The shows usually draw a few hundred fans and the setting is pretty much what you'd expect if you've ever seen "The Music Man" or an "Andy Griffith Show" episode.

"It's a throwback and a tradition," Green says. "It's family and it's music in a relaxed atmosphere. It's a social event that goes back to Sousa's time."

But don't underestimate the musicianship taking place on the park district band shell stage. Each performance features around 10 pieces, and at least a couple are there not only to entertain the audience, but to challenge some pretty talented performers and keep them interested.

Green, who retired from Lisle High School in 2011, says one of his favorite parts of each Thursday night performance is a raffle in which an audience member wins the chance to direct the band in a march. Sometimes it's a kid, sometimes it's an adult. Sometimes the guest conductor has an idea of what they're doing, sometimes they don't.

The joke among band members is that it really doesn't matter.

"They like to tell me they don't follow the audience conductor any more than they do me," Green says.

Whoever they're following, here's a look at the band's summer schedule at the band shell just east of Sea Lion Aquatic Park at 1825 Short St.:

• 7:30 p.m.
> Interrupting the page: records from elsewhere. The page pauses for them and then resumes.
-- ===== src/Samples/HmacToken.antt =====
-- plugins/samples/hmac_token_validation/plugin.cc: requests must carry a fresh HMAC token.
pub mod Window
pub mod Decision
use service_extensions_sampl.Base.{
  Text, ℕ, suc, ◌+◌, ◌-◌, ◌%◌, ◌^◌, Bool, ◌||◌, Option, none, some, List, [], ◌∷◌, ◌++◌, ltb,
  if◌then◌else◌, is_empty, drop, codes, text_eq,
}
use service_extensions_sampl.Base.Int.{ℤ, pos, negsuc}
use service_extensions_sampl.Wasm.{request_headers, FilterHeadersStatus, continue, stop_iteration}
use service_extensions_sampl.Sdk.{Sdk, Act}

-- What the plugin calls of Abseil and OpenSSL.
pub record Libraries : Type 0 where
  pub starts_with_ignore_case : Text → Text → Bool
  -- `StrSplit(token, MaxSplits(':', 1))`
  pub str_split_once : Text → ℕ → List Text
  -- `SimpleAtoi` into an `int64_t`
  pub simple_atoi : Text → Option ℤ
  -- `HMAC(EVP_md5(), key, message)`; `none` for a null result or an empty hash.
  pub hmac_md5 : Text → Text → Option Text
  pub bytes_to_hex_string : Text → Text

abbrev pub token_validity_seconds : ℕ
token_validity_seconds = 300

-- The conversion of an `int64_t` to `uint64_t`.
abbrev pub to_uint64 : ℤ → ℕ
to_uint64 (pos n) = n % 2 ^ 64
to_uint64 (negsuc n) = (2 ^ 64 - suc n) % 2 ^ 64

-- `(current_time - token_timestamp) > root_->token_validity_seconds_`, in `uint64_t`.
unfoldable pub is_expired : ℕ → ℤ → Bool
is_expired current_time token_timestamp =
    ltb token_validity_seconds ((current_time + 2 ^ 64 - to_uint64 token_timestamp) % 2 ^ 64)

module _ (lib : Libraries) where
  -- `computeHmacMd5`
  unfoldable pub compute_hmac_md5 : Text → Text → Text
  compute_hmac_md5 message key =
      if is_empty message || is_empty key then [] else (elim (lib.hmac_md5 key message) [
        | none ↦ []
        | some hash ↦ lib.bytes_to_hex_string hash
      ])

  module _ {S : Type 0} (sdk : Sdk S) where
    -- `sendLocalResponse(code, details, text, {})` and `StopIteration`.
    abbrev pub refuse : ℕ → Text → Text → Act S FilterHeadersStatus
    refuse code details text s = (stop_iteration, sdk.send_local_response code details text [] s)

    -- Steps 6 to 8 of `onRequestHeaders`: the signature.
    unfoldable pub check_signature : Text → Text → Text → Act S FilterHeadersStatus
    check_signature secret_key timestamp hmac s =
        elim (sdk.get_header request_headers (codes ":path") s) [
          | none ↦ refuse 400 [] (codes "Missing required headers") s
          | some path ↦ elim (sdk.get_header request_headers (codes ":method") s) [
            | none ↦ refuse 400 [] (codes "Missing required headers") s
            | some method ↦
                let expected = compute_hmac_md5 (method ++ (path ++ timestamp)) secret_key in
                if is_empty expected
                then refuse 500 [] (codes "Internal server error during authentication") s
                else if text_eq expected hmac
                then (continue, s)
                else refuse 403 [] (codes "Invalid HMAC") s
          ]
        ]

    -- Steps 3 to 5: the parts of the token and its age.
    unfoldable pub check_parts : Text → ℕ → List Text → Act S FilterHeadersStatus
    check_parts secret_key now (timestamp ∷ hmac ∷ []) s = elim (lib.simple_atoi timestamp) [
      | none ↦ refuse 400 [] (codes "Invalid timestamp") s
      | some t ↦
          if is_expired now t
          then refuse 403 [] (codes "Token expired") s
          else check_signature secret_key timestamp hmac s
    ]
    check_parts secret_key now _ s =
        refuse 400 [] (codes "Invalid token format: expected 'timestamp:hmac'") s

    -- `onRequestHeaders`. `now` is the clock in seconds.
    unfoldable pub on_request_headers : Text → ℕ → Act S FilterHeadersStatus
    on_request_headers secret_key now s =
        elim (sdk.get_header request_headers (codes "authorization") s) [
          | none ↦
              refuse 401 (codes "WWW-Authenticate: HMAC realm=\"api\"")
                (codes "Missing Authorization header") s
          | some auth_value ↦
              if is_empty auth_value
              then refuse 401 (codes "WWW-Authenticate: HMAC realm=\"api\"")
                  (codes "Missing Authorization header") s
              else if lib.starts_with_ignore_case auth_value (codes "HMAC ")
              then check_parts secret_key now (lib.str_split_once (drop 5 auth_value) b':') s
              else refuse 400 [] (codes "Invalid Authorization scheme. Use 'HMAC'") s
        ]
Thursday, June 27: American popular and patriotic music; "Wizard of Oz" medley

• 7:30 p.m. Thursday, July 11: Mozart, Broadway and Ragtime

• 7:30 p.m. Thursday, July 18: "Light Cavalry Overture," music of Andrew Lloyd Webber and a Benny Goodman medley

• 7:30 p.m. Thursday, July 25: Disney's "Fantasia," Stravinsky's "The Firebird," and a "Star Trek" medley

• 7:30 p.m. Thursday, Aug. 1: Lisle Community Jazz Band featuring music of the big bands

In case of inclement weather, the concerts move inside the Lisle High School auditorium.

For details, visit lislecommunityband.org.